* EXERCISE: Working from the records below, repeat exactly the lines starting at the line that contains "new-AreDistinct k p (some" and ending at the line that contains "Step-AreDistinct ss ts (changed", inclusive.

### DATA ###

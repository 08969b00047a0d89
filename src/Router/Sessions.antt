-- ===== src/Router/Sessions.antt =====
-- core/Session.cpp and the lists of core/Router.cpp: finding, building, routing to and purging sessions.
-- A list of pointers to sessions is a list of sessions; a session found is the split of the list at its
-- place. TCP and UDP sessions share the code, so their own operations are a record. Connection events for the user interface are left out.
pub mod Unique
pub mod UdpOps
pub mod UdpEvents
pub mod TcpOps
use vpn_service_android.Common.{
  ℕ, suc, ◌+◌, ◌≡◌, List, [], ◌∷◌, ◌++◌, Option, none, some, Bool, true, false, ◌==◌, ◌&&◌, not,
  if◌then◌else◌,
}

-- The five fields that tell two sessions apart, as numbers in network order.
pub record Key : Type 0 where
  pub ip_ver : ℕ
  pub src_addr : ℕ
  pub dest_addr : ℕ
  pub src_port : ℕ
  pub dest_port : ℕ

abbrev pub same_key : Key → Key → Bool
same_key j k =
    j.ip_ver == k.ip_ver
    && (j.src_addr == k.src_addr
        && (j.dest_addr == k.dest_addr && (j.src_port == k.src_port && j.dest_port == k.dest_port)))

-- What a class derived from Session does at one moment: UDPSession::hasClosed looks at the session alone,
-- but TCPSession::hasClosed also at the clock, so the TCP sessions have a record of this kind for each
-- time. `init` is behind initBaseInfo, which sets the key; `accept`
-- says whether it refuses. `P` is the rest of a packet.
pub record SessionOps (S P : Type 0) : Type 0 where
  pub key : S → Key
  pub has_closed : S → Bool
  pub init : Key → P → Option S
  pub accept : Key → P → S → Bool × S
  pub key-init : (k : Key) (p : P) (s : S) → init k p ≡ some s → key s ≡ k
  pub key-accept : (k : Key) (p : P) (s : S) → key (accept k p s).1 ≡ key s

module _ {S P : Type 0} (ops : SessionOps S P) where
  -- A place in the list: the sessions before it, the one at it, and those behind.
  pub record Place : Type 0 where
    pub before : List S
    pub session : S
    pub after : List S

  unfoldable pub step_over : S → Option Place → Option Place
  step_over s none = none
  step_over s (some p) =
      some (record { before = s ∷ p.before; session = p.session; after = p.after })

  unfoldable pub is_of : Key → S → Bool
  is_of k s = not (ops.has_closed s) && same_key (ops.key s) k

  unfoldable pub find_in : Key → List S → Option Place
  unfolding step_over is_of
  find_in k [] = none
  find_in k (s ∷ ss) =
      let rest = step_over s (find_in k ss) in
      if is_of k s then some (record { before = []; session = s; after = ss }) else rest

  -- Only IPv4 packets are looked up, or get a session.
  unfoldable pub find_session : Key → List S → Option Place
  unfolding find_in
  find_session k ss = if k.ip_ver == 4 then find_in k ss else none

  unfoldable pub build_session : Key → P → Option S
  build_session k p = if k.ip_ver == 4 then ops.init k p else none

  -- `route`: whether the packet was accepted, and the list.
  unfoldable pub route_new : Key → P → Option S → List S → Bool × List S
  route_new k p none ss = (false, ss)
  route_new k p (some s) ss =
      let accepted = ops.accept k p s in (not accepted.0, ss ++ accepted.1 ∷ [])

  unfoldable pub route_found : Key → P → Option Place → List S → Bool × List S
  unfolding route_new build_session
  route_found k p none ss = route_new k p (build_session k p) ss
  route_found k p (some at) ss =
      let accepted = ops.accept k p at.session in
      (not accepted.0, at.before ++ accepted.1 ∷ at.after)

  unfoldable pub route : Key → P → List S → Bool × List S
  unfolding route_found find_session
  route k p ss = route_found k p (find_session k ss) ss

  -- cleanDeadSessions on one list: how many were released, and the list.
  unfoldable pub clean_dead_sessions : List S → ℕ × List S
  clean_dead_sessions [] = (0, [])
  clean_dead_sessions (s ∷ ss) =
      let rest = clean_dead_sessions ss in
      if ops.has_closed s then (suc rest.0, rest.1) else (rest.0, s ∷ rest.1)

###
### DATA ###

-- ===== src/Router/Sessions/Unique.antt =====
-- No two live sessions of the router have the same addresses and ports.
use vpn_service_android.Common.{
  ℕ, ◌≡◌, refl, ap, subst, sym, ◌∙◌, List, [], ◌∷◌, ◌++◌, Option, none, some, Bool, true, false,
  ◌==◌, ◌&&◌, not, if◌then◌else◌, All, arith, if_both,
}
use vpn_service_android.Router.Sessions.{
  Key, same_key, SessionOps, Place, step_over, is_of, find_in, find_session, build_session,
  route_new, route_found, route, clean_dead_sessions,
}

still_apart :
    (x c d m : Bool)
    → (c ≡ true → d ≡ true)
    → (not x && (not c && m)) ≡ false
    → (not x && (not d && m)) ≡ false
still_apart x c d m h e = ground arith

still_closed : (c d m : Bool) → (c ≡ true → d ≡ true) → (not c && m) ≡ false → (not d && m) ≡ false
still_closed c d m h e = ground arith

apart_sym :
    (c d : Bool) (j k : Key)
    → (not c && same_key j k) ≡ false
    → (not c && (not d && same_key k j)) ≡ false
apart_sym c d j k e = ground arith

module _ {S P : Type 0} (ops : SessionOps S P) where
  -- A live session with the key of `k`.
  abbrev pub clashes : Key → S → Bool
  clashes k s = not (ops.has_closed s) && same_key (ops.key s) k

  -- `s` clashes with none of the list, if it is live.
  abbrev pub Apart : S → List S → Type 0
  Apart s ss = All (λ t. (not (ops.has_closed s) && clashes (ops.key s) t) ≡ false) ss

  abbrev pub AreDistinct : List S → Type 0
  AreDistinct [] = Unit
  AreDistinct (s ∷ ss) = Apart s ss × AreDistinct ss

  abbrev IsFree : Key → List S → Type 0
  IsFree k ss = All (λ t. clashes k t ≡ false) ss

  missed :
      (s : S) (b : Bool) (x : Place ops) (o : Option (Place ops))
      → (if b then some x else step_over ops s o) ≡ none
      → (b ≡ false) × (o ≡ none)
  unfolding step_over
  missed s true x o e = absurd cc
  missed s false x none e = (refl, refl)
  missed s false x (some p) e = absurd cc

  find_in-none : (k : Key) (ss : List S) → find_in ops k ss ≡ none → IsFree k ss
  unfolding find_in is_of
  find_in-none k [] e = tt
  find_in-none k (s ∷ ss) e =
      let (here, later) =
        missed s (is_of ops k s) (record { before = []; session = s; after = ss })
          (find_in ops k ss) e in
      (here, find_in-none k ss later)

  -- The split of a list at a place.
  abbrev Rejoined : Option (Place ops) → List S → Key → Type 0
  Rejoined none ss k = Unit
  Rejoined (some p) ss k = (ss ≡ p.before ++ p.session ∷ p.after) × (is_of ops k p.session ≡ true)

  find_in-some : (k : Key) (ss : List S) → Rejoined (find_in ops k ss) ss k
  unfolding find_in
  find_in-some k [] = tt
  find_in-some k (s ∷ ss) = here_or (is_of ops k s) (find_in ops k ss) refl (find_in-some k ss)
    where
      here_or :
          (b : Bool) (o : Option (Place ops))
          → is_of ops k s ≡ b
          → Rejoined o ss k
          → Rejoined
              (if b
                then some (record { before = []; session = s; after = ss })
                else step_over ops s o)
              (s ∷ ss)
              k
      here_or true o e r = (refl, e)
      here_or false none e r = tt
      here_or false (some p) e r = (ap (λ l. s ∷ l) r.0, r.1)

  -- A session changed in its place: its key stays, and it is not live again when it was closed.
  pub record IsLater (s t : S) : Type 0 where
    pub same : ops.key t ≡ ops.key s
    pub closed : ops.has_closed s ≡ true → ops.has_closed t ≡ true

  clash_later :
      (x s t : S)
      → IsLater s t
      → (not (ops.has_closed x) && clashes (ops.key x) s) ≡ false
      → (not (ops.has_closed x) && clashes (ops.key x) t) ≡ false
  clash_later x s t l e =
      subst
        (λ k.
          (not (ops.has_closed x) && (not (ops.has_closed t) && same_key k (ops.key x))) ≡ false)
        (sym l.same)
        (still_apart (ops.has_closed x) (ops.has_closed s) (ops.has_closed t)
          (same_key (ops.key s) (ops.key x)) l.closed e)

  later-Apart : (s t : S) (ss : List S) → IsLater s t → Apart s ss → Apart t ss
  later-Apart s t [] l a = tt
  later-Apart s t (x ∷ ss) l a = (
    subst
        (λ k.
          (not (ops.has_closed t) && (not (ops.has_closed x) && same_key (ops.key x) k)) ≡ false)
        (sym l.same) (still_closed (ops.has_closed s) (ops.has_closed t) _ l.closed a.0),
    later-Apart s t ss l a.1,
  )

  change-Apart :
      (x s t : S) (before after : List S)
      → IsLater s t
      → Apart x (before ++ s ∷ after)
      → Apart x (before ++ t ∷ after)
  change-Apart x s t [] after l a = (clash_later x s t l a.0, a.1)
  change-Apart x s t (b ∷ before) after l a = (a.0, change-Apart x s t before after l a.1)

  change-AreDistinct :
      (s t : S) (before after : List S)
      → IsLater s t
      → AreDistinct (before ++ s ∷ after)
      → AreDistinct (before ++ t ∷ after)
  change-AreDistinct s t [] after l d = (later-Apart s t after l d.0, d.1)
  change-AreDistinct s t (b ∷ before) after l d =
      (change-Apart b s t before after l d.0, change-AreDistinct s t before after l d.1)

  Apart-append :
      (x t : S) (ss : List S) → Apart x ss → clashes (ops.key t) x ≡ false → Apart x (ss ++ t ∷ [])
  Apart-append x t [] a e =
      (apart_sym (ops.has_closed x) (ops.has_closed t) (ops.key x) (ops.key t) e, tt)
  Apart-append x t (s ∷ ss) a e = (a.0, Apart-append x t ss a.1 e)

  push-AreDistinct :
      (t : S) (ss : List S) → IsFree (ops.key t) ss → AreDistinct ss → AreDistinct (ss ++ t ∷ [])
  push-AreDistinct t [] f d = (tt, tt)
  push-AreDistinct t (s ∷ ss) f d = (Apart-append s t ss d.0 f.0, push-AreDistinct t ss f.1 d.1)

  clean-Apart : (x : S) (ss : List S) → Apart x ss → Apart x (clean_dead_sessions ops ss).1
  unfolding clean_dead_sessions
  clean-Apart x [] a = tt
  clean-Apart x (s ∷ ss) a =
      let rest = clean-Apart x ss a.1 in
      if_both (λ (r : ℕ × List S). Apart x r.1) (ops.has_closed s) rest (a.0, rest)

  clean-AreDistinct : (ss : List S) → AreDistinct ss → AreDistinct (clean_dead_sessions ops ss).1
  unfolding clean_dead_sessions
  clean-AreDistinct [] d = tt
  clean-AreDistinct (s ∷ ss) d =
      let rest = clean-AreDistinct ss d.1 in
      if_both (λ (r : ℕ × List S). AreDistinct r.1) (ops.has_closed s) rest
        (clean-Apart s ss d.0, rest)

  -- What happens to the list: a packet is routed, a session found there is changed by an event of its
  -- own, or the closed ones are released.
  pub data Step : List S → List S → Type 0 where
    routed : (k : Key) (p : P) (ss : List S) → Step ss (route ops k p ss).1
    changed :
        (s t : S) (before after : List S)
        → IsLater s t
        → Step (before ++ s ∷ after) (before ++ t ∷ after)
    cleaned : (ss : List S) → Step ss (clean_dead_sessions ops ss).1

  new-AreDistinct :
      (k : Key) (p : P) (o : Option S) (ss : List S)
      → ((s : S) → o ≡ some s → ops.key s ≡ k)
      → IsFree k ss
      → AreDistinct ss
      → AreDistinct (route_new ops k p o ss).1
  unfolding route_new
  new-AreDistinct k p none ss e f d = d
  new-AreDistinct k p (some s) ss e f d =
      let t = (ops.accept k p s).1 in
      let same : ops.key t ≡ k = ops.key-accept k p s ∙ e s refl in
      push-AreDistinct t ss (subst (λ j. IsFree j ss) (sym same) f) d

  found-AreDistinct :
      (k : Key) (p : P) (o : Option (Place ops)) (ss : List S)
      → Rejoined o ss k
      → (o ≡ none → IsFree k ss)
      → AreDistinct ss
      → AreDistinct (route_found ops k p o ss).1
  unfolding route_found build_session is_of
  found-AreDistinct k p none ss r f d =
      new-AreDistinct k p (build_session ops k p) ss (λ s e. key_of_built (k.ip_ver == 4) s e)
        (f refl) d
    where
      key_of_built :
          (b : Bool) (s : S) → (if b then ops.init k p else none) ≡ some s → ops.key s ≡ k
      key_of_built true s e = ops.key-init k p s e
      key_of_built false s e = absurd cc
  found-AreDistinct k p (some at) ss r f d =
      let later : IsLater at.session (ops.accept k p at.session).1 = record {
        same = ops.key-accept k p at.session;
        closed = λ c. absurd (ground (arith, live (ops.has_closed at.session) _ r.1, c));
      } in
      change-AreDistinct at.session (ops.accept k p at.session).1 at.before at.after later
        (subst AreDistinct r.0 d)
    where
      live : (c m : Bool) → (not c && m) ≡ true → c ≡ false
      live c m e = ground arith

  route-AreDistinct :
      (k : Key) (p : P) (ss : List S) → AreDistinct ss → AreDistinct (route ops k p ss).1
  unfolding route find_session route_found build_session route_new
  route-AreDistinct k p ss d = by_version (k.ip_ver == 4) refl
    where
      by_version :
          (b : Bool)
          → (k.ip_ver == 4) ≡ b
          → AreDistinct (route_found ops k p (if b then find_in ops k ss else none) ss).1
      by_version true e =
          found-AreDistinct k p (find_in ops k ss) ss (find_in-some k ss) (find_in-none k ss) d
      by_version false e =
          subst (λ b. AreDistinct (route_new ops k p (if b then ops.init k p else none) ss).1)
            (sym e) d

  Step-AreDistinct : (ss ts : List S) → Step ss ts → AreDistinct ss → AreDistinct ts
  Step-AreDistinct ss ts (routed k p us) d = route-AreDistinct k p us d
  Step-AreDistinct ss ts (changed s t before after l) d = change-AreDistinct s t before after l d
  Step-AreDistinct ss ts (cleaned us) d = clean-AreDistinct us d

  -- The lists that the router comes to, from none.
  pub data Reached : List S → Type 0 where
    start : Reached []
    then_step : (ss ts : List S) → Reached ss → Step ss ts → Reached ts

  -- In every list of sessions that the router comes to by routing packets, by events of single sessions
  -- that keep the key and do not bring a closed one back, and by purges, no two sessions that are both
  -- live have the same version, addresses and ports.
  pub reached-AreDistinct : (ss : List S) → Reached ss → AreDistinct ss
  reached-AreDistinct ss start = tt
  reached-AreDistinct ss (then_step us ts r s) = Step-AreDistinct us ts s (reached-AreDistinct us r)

###

* EXERCISE OUTPUT:
  new-AreDistinct k p (some s) ss e f d =
      let t = (ops.accept k p s).1 in
      let same : ops.key t ≡ k = ops.key-accept k p s ∙ e s refl in
      push-AreDistinct t ss (subst (λ j. IsFree j ss) (sym same) f) d

  found-AreDistinct :
      (k : Key) (p : P) (o : Option (Place ops)) (ss : List S)
      → Rejoined o ss k
      → (o ≡ none → IsFree k ss)
      → AreDistinct ss
      → AreDistinct (route_found ops k p o ss).1
  unfolding route_found build_session is_of
  found-AreDistinct k p none ss r f d =
      new-AreDistinct k p (build_session ops k p) ss (λ s e. key_of_built (k.ip_ver == 4) s e)
        (f refl) d
    where
      key_of_built :
          (b : Bool) (s : S) → (if b then ops.init k p else none) ≡ some s → ops.key s ≡ k
      key_of_built true s e = ops.key-init k p s e
      key_of_built false s e = absurd cc
  found-AreDistinct k p (some at) ss r f d =
      let later : IsLater at.session (ops.accept k p at.session).1 = record {
        same = ops.key-accept k p at.session;
        closed = λ c. absurd (ground (arith, live (ops.has_closed at.session) _ r.1, c));
      } in
      change-AreDistinct at.session (ops.accept k p at.session).1 at.before at.after later
        (subst AreDistinct r.0 d)
    where
      live : (c m : Bool) → (not c && m) ≡ true → c ≡ false
      live c m e = ground arith

  route-AreDistinct :
      (k : Key) (p : P) (ss : List S) → AreDistinct ss → AreDistinct (route ops k p ss).1
  unfolding route find_session route_found build_session route_new
  route-AreDistinct k p ss d = by_version (k.ip_ver == 4) refl
    where
      by_version :
          (b : Bool)
          → (k.ip_ver == 4) ≡ b
          → AreDistinct (route_found ops k p (if b then find_in ops k ss else none) ss).1
      by_version true e =
          found-AreDistinct k p (find_in ops k ss) ss (find_in-some k ss) (find_in-none k ss) d
      by_version false e =
          subst (λ b. AreDistinct (route_new ops k p (if b then ops.init k p else none) ss).1)
            (sym e) d

  Step-AreDistinct : (ss ts : List S) → Step ss ts → AreDistinct ss → AreDistinct ts
  Step-AreDistinct ss ts (routed k p us) d = route-AreDistinct k p us d
  Step-AreDistinct ss ts (changed s t before after l) d = change-AreDistinct s t before after l d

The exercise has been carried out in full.